Ce lundi matin j’attends face à la gare de Saint-Nazaire qu’il soit l’heure de l’autocar pour Guérande au Péhemmu Couleur Café. Sa perruche jaune pâle, son café à un euro affiché en gros sur les vitres, sa patronne et sa clientèle pittoresques, en font un endroit indiqué pour lire quelques lettres de Truffaut.

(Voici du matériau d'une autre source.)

-- ===== src/Backends/Multi/RoundRobin.antt =====
-- The round robin of `MultiBackend` (django_smart_ratelimit/backends/multi.py) along its calls.
use django_smart_ratelimit.Backends.Multi.Cycle.{IsCycle, append_assoc, first-healthy}
use django_smart_ratelimit.Prelude.{
  ℕ, ◌≡◌, refl, sym, ◌∙◌, inl, inr, Bool, true, false, Option, some, List, [], ◌∷◌, ◌++◌, arith,
  text_key, nat_key, Option-cases, List-cases, Bool-cases,
}
use django_smart_ratelimit.Backends.Multi.Order.{any_healthy, ordered_lem}
use django_smart_ratelimit.Backends.Multi.Loop.{try-state}
use django_smart_ratelimit.Backends.Multi.{
  Method, Value, new_multi, execute_with_fallback, Entry, MultiBackend, is_healthy, next_backend,
  find_primary, get_ordered_backends,
}

next_backend-IsCycle :
    (m : MultiBackend) (bs cycle passed : List Entry)
    → bs ≡ passed ++ cycle
    → IsCycle (next_backend (record m { backends = bs; backend_cycle = cycle })).1
unfolding next_backend
next_backend-IsCycle m bs (x ∷ rest) passed h = record {
  passed = passed ++ x ∷ [];
  passed_eq = h ∙ sym (append_assoc passed (x ∷ []) rest);
}
next_backend-IsCycle m [] [] passed h = record { passed = []; passed_eq = refl }
next_backend-IsCycle m (x ∷ rest) [] passed h = record { passed = x ∷ []; passed_eq = refl }

find_primary-IsCycle :
    (steps : List Entry) (m : MultiBackend) → IsCycle m → IsCycle (find_primary steps m).1
unfolding find_primary
find_primary-IsCycle [] m h = h
find_primary-IsCycle (s ∷ steps) m h =
    let (candidate, m') = next_backend m in
    let h' : IsCycle m' = next_backend-IsCycle m m.backends m.backend_cycle h.passed h.passed_eq in
    let whole = find_primary (s ∷ steps) m in
    elim (Option-cases candidate) [
      | inl e ↦ let same : whole.1 ≡ m' = ground arith in rw same h'
      | inr (x, e) ↦ elim (Bool-cases (is_healthy m x.1)) [
        | inl well ↦ let same : whole.1 ≡ m' = ground arith in rw same h'
        | inr sick ↦
            let same : whole.1 ≡ (find_primary steps m').1 = ground arith in
            rw same (find_primary-IsCycle steps m' h')
      ]
    ]

-- Choosing an order keeps the cycle in step with the list.
ordered-IsCycle : (m : MultiBackend) → IsCycle m → IsCycle (get_ordered_backends m).1
unfolding get_ordered_backends
ordered-IsCycle m h =
    let m' = (find_primary m.backends m).1 in
    let h' = find_primary-IsCycle m.backends m h in
    elim (Bool-cases m.round_robin) [
      | inr linear ↦ let same : (get_ordered_backends m).1 ≡ m = ground arith in rw same h
      | inl cycle ↦
          let same : (get_ordered_backends m).1 ≡ m' =
            ground (arith, Option-cases (find_primary m.backends m).0, List-cases m.backends) in
          rw same h'
    ]

module _ {ℓ} {W : Type ℓ} (call : W → ℕ → Method → Option Value × W) where
  -- A call of one method after another.
  unfoldable pub serve : MultiBackend → W → List Method → MultiBackend × W
  serve m w [] = (m, w)
  serve m w (method ∷ methods) =
      let (_, m', w') = execute_with_fallback call m w method in serve m' w' methods

  execute-IsCycle :
      (m : MultiBackend) (w : W) (method : Method)
      → IsCycle m
      → IsCycle (execute_with_fallback call m w method).1
        × ((execute_with_fallback call m w method).1.round_robin ≡ m.round_robin)
  unfolding execute_with_fallback
  execute-IsCycle m w method h =
      let (ordered, m') = get_ordered_backends m in
      let (_, _, chosen) = ordered_lem m in
      let h' = ordered-IsCycle m h in
      let tried = try-state call method ordered false m' w in
      (
        rw tried (record { passed = h'.passed; passed_eq = h'.passed_eq }),
        ground (arith, tried, chosen),
      )

  serve-IsCycle :
      (m : MultiBackend) (w : W) (methods : List Method)
      → IsCycle m
      → IsCycle (serve m w methods).0 × ((serve m w methods).0.round_robin ≡ m.round_robin)
  unfolding serve
  serve-IsCycle m w [] h = (h, refl)
  serve-IsCycle m w (method ∷ methods) h =
      let (_, m', w') = execute_with_fallback call m w method in
      let (h', same) = execute-IsCycle m w method h in
      let (h'', same') = serve-IsCycle m' w' methods h' in (h'', same' ∙ same)

  -- In the round robin, whatever calls a new multi backend has served, the first backend of the
  -- next order is marked healthy where some backend is.
  pub round_robin_first :
      (e : Entry) (es : List Entry) (interval : ℕ) (fail_open : Bool) (m : MultiBackend) (w : W)
      (methods : List Method)
      → new_multi (e ∷ es) true interval fail_open ≡ some m
      → let m' = (serve m w methods).0 in
        any_healthy m' m'.backends ≡ true
        → (first : Entry) × (rest : List Entry) × ((get_ordered_backends m').0 ≡ first ∷ rest)
          × (is_healthy m' first.1 ≡ true)
  round_robin_first e es interval fail_open m w methods new some_well =
      let start : IsCycle m = record {
        passed = [];
        passed_eq = unfold new_multi in ground arith;
      } in
      let (h, same) = serve-IsCycle m w methods start in
      let cycle : m.round_robin ≡ true = unfold new_multi in ground arith in
      first-healthy (serve m w methods).0 h (same ∙ cycle) some_well
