-- ===== src/Backends/Multi/Tests.antt =====
-- The theorems on `MultiBackend` (django_smart_ratelimit/backends/multi.py) at concrete inputs.
use django_smart_ratelimit.Prelude.{
  ℕ, suc, ◌≡◌, ◌≢◌, refl, true, Option, none, some, List, [], ◌∷◌, arith, codes, nat_beq, nat_key,
  if◌then◌else◌,
}
use django_smart_ratelimit.Prelude.Dict
use django_smart_ratelimit.Backends.Multi.{
  new_multi, next_backend, find_primary, index_of, rotate, check_health, mark, Method, incr, Value,
  number, returned, backend_error, runtime_error, Entry, MultiBackend, healthy_marks, is_healthy,
  get_ordered_backends, try_backends, execute_with_fallback, fail_open_value,
}
use django_smart_ratelimit.Backends.Multi.Order.{any_healthy}
use django_smart_ratelimit.Backends.Multi.RoundRobin.{serve, round_robin_first}
use django_smart_ratelimit.Backends.Multi.Fallback.{answered_by_some, outage}

-- Two backends in turn, and a world that counts the calls.
abbrev two : List Entry
two = (codes "redis", 1) ∷ (codes "memory", 2) ∷ []

abbrev two_backends : MultiBackend
two_backends = record {
  backends = two;
  backend_health = healthy_marks two;
  backend_cycle = two;
  round_robin = true;
  health_check_interval = 30;
  fail_open = true;
}

-- The first backend is down.
abbrev first_down : ℕ → ℕ → Method → Option Value × ℕ
first_down w id method = (if nat_beq id 1 then none else some (number w), suc w)

-- Both are.
abbrev all_down : ℕ → ℕ → Method → Option Value × ℕ
all_down w id method = (none, suc w)

abbrev request : Method
request = incr (codes "ip") 60

memory_answers : (w : ℕ) (method : Method) → (first_down w 2 method).0 ≢ none
memory_answers w method e = cc

memory_healthy : is_healthy two_backends 2 ≡ true
unfolding is_healthy healthy_marks Dict.put Dict.get
memory_healthy = refl

answered_by_some_example :
    (value : Value) × ((execute_with_fallback first_down two_backends 0 request).0 ≡ returned value)
answered_by_some_example =
    answered_by_some first_down two_backends 0 request 2 memory_answers memory_healthy refl

outage_example :
    let (reply, m', w') = execute_with_fallback all_down two_backends 0 request in
    (reply ≡ (if two_backends.fail_open then returned (fail_open_value request) else backend_error))
    × ((execute_with_fallback all_down m' w' request).0 ≡ runtime_error)
outage_example =
    outage all_down two_backends 0 request request (λ w id method. refl) (omega arith)
      (unfold is_healthy healthy_marks Dict.put Dict.get in refl)

two_new : new_multi two true 30 true ≡ some two_backends
unfolding new_multi
two_new = refl

-- After a request that found the first backend down.
abbrev after_one : MultiBackend
after_one = (serve first_down two_backends 0 (request ∷ [])).0

one_left : any_healthy after_one after_one.backends ≡ true
unfolding serve execute_with_fallback get_ordered_backends find_primary next_backend rotate index_of
    try_backends check_health mark is_healthy healthy_marks Dict.get Dict.put
one_left = refl

round_robin_first_example :
    (first : Entry) × (rest : List Entry) × ((get_ordered_backends after_one).0 ≡ first ∷ rest)
    × (is_healthy after_one first.1 ≡ true)
round_robin_first_example =
    round_robin_first first_down (codes "redis", 1) ((codes "memory", 2) ∷ []) 30 true two_backends
      0 (request ∷ []) two_new one_left
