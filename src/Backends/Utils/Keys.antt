-- ===== src/Backends/Utils/Keys.antt =====
-- `normalize_key` (django_smart_ratelimit/backends/utils.py): the length of a key, and its
-- characters.
use django_smart_ratelimit.Prelude.{
  ℕ, zero, suc, ◌+◌, ◌-◌, ◌≤◌, ◌≡◌, refl, [], ◌∷◌, ◌++◌, arith, Text, nat_beq, length,
  length-append, take, count_if,
}
use django_smart_ratelimit.Backends.Utils.{replace_spaces, with_prefix, slice_to, normalize_key}

length-take-le : (n : ℕ) (t : Text) → length (take n t) ≤ n
length-take-le zero t = omega arith
length-take-le (suc n) [] = omega arith
length-take-le (suc n) (c ∷ t) = omega (arith, length-take-le n t)

length-replace_spaces : (t : Text) → length (replace_spaces t) ≡ length t
unfolding replace_spaces
length-replace_spaces [] = refl
length-replace_spaces (c ∷ t) = omega (arith, length-replace_spaces t)

abbrev pub spaces : Text → ℕ
spaces = count_if (λ c. nat_beq c b' ')

spaces-replace_spaces : (t : Text) → spaces (replace_spaces t) ≡ 0
unfolding replace_spaces
spaces-replace_spaces [] = refl
spaces-replace_spaces (c ∷ t) = ground (arith, spaces-replace_spaces t)

-- With a digest of 64 characters, a normalized key is no longer than the maximum, if that leaves
-- room for the digest and its colon, and it has no space.
pub normalize_key_fits :
    (hexdigest : Text → Text) (key prefix : Text) (max_length : ℕ)
    → ((t : Text) → length (hexdigest t) ≡ 64)
    → 65 ≤ max_length
    → (length (normalize_key hexdigest key prefix max_length) ≤ max_length)
      × (spaces (normalize_key hexdigest key prefix max_length) ≡ 0)
unfolding normalize_key slice_to
normalize_key_fits hexdigest key prefix max_length digest room =
    let full_key = with_prefix key prefix in
    let hash_suffix = hexdigest full_key in
    let cut = take (max_length - (length hash_suffix + 1)) full_key in
    let hashed = cut ++ b':' ∷ hash_suffix in
    (
      ground (
        arith,
        digest full_key,
        length-append cut (b':' ∷ hash_suffix),
        length-take-le (max_length - (length hash_suffix + 1)) full_key,
        length-replace_spaces full_key,
        length-replace_spaces hashed,
      ),
      spaces-replace_spaces _,
    )
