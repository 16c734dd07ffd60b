-- ===== src/Backends/Tests.antt =====
-- The theorems on the backends (django_smart_ratelimit/backends) at concrete inputs.
use django_smart_ratelimit.Prelude.{
  ◌+◌, ◌≤◌, ◌≡◌, ◌≢◌, refl, true, false, none, some, List, [], ◌∷◌, arith, Text, text_key, codes,
  length, suc, count_if,
}
use django_smart_ratelimit.Prelude.Int.{pos}
use django_smart_ratelimit.Prelude.Dict
use django_smart_ratelimit.Prelude.Dict.{Dict}
use django_smart_ratelimit.Algorithms.TokenBucket
use django_smart_ratelimit.Backends.Base
use django_smart_ratelimit.Backends.Utils.{
  normalize_key, with_prefix, replace_spaces, filter_sliding_window_requests, millis,
  clean_expired_entries, calculate_token_bucket_state,
}
use django_smart_ratelimit.Backends.Memory.{
  update_partition, MemoryConfig, MemoryBackend, new_backend, total_keys, cleanup_if_needed,
  cleanup_due,
}
use django_smart_ratelimit.Backends.Base.{ok, backend_error}
use django_smart_ratelimit.Backends.Memory.Counters.{
  incr, set, store_request, count_request, entry, normalized,
}
use django_smart_ratelimit.Backends.Memory.Semaphore.{
  Event, acquire, release, play, holders, live_holders, concurrency_acquire, never_over_capacity,
}
use django_smart_ratelimit.Backends.Memory.Eviction.{memory_bounded, unexpiring_item_breaks_incr}
use django_smart_ratelimit.Backends.Utils.Keys.{spaces, normalize_key_fits}
use django_smart_ratelimit.Backends.Memory.Window.Exact.{
  Call, after, ordered, counts_for, sliding_window_exact,
}
use django_smart_ratelimit.Backends.Memory.Window.Limit.{
  check_rate_limit, allowed, admitted, window_admits_at_most,
}
use django_smart_ratelimit.Backends.Memory.Buckets.{
  token_bucket_check, token_bucket_expiry, state_agrees,
}

abbrev config : MemoryConfig
config = record {
  max_keys = 100;
  cleanup_interval = 60;
  sliding_window = true;
  key_prefix = [];
  fail_open = false;
  hexdigest = λ t. t;
}

abbrev key : Text
key = codes "ip"

abbrev slots : List Event
slots =
    acquire 1000 key 5 (codes "a")
    ∷ acquire 1100 key 5 (codes "b")
    ∷ release key (codes "a")
    ∷ acquire 1200 key 5 (codes "c")
    ∷ []

never_over_capacity_example : length (holders (play 1 (new_backend 0) slots) key) ≤ 1
never_over_capacity_example = never_over_capacity 1 0 slots key

abbrev one_held : MemoryBackend
one_held = (concurrency_acquire (new_backend 0) 1000 key 1 5 (codes "a")).0

one_fits : length (holders one_held key) ≤ 1
unfolding concurrency_acquire holders live_holders new_backend Dict.get Dict.put
one_fits = omega arith

a_held : Dict.get (holders one_held key) (codes "a") ≡ some 1000
unfolding concurrency_acquire holders live_holders new_backend Dict.get Dict.put
a_held = refl

new_is_clean : clean_expired_entries (new_backend 0).storage 5000 ≢ none
unfolding new_backend clean_expired_entries
new_is_clean e = cc

memory_bounded_example : total_keys (incr config (new_backend 0) 5000 key 60 (codes "u")).1 ≤ 100
memory_bounded_example = memory_bounded config (new_backend 0) 5000 key 60 (codes "u") new_is_clean

-- One value, stored with no expiration.
abbrev with_item : MemoryBackend
with_item = (set config (new_backend 0) 1000 (codes "k") (codes "v") none).0

item_stored :
    Dict.get with_item.storage (codes "k") ≡ some (record { value = codes "v"; expires_at = none })
unfolding set cleanup_if_needed cleanup_due new_backend total_keys Dict.get Dict.put
item_stored = refl

item_late : with_item.last_cleanup + millis 60 ≤ 60000
unfolding set cleanup_if_needed cleanup_due new_backend total_keys
item_late = omega arith

unexpiring_item_breaks_incr_example :
    ((incr config with_item 60000 key 60 (codes "u")).0 ≡ backend_error)
    × ((incr config with_item 60000 key 60 (codes "u")).1.last_cleanup ≡ with_item.last_cleanup)
    × ((incr config with_item 60000 key 60 (codes "u")).1.storage ≡ with_item.storage)
unexpiring_item_breaks_incr_example =
    unexpiring_item_breaks_incr config with_item 60000 key (codes "k")
      (record { value = codes "v"; expires_at = none }) 60 (codes "u") item_stored refl item_late

state_agrees_example :
    let state = calculate_token_bucket_state (pos 2) 100 103 10 1 4 in
    let (answer, metadata, b) =
      TokenBucket.take_tokens 10 1 103 4 (record { tokens = 2; last_refill = 100 }) in
    (state.is_allowed ≡ answer) × (state.tokens_remaining ≡ pos b.tokens)
state_agrees_example = state_agrees 2 100 103 10 1 4 (omega arith) (omega arith)

bucket_expires : token_bucket_expiry config 1000 10 1 ≤ 70000
unfolding token_bucket_expiry
bucket_expires = omega arith

-- Calls with a period of 60 seconds: two of the first key and, between them, one of another. The
-- cleanup at the last of them sweeps.
abbrev calls : List Call
calls = (65000, key, codes "v") ∷ (40000, codes "other", codes "w") ∷ (1000, key, codes "u") ∷ []

calls_ordered : ordered 70000 calls ≡ true
unfolding ordered
calls_ordered = refl

-- At 70 seconds the first call is out of the window.
sliding_window_exact_example :
    (incr config (after config 60 0 calls) 70000 key 60 (codes "x")).0
    ≡ ok (suc (count_if (counts_for config 60 70000 key) calls))
sliding_window_exact_example =
    sliding_window_exact config 60 0 calls 70000 key (codes "x") refl calls_ordered (omega arith)

two_counted : suc (count_if (counts_for config 60 70000 key) calls) ≡ 2
unfolding counts_for normalized normalize_key with_prefix replace_spaces
two_counted = refl

window_admits_at_most_example : admitted config 60 0 1 70000 key calls ≤ 1
window_admits_at_most_example =
    window_admits_at_most config 60 0 1 70000 key calls refl calls_ordered (omega arith)

first_allowed : allowed (check_rate_limit config (new_backend 0) 1000 key 1 60 (codes "u")).0 ≡ true
unfolding check_rate_limit Base.check_rate_limit incr store_request count_request entry
    cleanup_if_needed cleanup_due new_backend total_keys Dict.get Dict.put Dict.move_to_end
    update_partition filter_sliding_window_requests
first_allowed = refl

-- A bucket of ten tokens from which seven were taken.
abbrev with_bucket : MemoryBackend
with_bucket = (token_bucket_check config (new_backend 0) 1000 key 10 1 10 7).1

abbrev digest : Text → Text
digest t = codes "e3b0c44298fc1c149afbf4c8996fb92427ae41e4649b934ca495991b7852b855"

normalize_key_fits_example :
    (length (normalize_key digest (codes "some user") (codes "ratelimit:") 70) ≤ 70)
    × (spaces (normalize_key digest (codes "some user") (codes "ratelimit:") 70) ≡ 0)
normalize_key_fits_example =
    normalize_key_fits digest (codes "some user") (codes "ratelimit:") 70 (λ t. refl) (omega arith)
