-- ===== src/Movies/Pserver.antt =====
-- hw4_simple-movies-recommendation-system-lala-ju/server.c, built with PROCESS: `main` for its first request.
-- Child processes sort and merge parts of two shared arrays, the names and the scores; the parts of one
-- pass do not overlap, and the children run here one after the other.
pub mod Names
pub mod Answer
mod Tests
use mathlib.Core.List.{map}
use system_programming_homew.Prelude.{
  ℕ, zero, suc, ◌+◌, ◌-◌, ◌*◌, ◌/◌, ◌%◌, List, [], ◌∷◌, ◌++◌, Option, some, ◌==◌, if◌then◌else◌,
  leb, length, take, drop,
}
use system_programming_homew.Prelude.Int.{ℤ}
use system_programming_homew.Movies.Entry.{Entry}
use system_programming_homew.Movies.Select.{◌>>=◌}
use system_programming_homew.Movies.Merge.{merge_loop, copy_new}
use system_programming_homew.Movies.Search.{MovieProfile, cal, base_of, sort_blocks}

-- The copy of what is left of the left block: `l` does not move, so all get the score of its place.
abbrev pub scored : ℤ → Entry → Entry
scored z e = record e { score = z }

abbrev pub copy_rest : List Entry → List Entry
copy_rest [] = []
copy_rest (x ∷ l) = map (scored x.score) (x ∷ l)

-- A child that merges, on its part of the arrays; the left block has `half` entries. The loop is that of
-- `truemerge`.
unfoldable pub merge_child : ℕ → List Entry → List Entry
unfolding merge_loop copy_new
merge_child half part =
    let (out, l, r) = merge_loop (take half part) (drop half part) [] in
    copy_new part 0 (out ++ copy_rest l)

-- The children of a pass, `k` of them still to come; the last part has what is left over too.
unfoldable pub merge_children : ℕ → ℕ → ℕ → ℕ → List Entry → List Entry
unfolding merge_child
merge_children base size left zero arr = arr
merge_children base size left (suc k) arr =
    let i = base - suc k in
    let from = size * i in
    let end = if i == base - 1 then size * (i + 1) + left else size * (i + 1) in
    merge_children base size left k (
      take from arr ++ (merge_child (size / 2) (take (end - from) (drop from arr)) ++ drop end arr))

-- The passes behind the first; each halves `base`.
unfoldable pub merge_passes : ℕ → ℕ → ℕ → ℕ → List Entry → List Entry
unfolding merge_children
merge_passes zero base size left arr = arr
merge_passes (suc fuel) base size left arr =
    let rest =
      merge_passes fuel (base / 2) (size * 2) left (merge_children base size left base arr) in
    if leb 1 base then rest else arr

-- The whole way of the request. In the first pass the children sort their parts, as the threads of
-- `sorting` do.
unfoldable pub pserver {ℓ} :
    {Profile : Type ℓ} → (Profile → ℤ) → List ℕ → List (MovieProfile Profile) → Option (List Entry)
unfolding cal base_of sort_blocks merge_passes
pserver score keywords movies = do
  let found = cal score keywords movies
  let base = base_of (length found)
  let size = length found / base
  sorted ← sort_blocks (length movies) base size base found
  some (merge_passes base (base / 2) (size * 2) (length found % base) sorted)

A dix heures cinq, je monte dans le car en compagnie de jeunes hommes qui font tous la tronche, des apprentis qui vont je ne sais où. Nous filons par une sorte d’autoroute, frôlons La Baule, traversons une de ces immondes zones commerciales qui jouxtent les villes, mais ne voyons pas les marais salants qui font la renommée de la cité médiévale.
Je descends près de la Médiathèque Samuel-Beckett et entre par la première porte aperçue dans la vieille ville cernée de remparts. Je constate alors que je l’ai échappé belle (comme on dit). Ce ouiquennede, c’était la Fête Médiévale.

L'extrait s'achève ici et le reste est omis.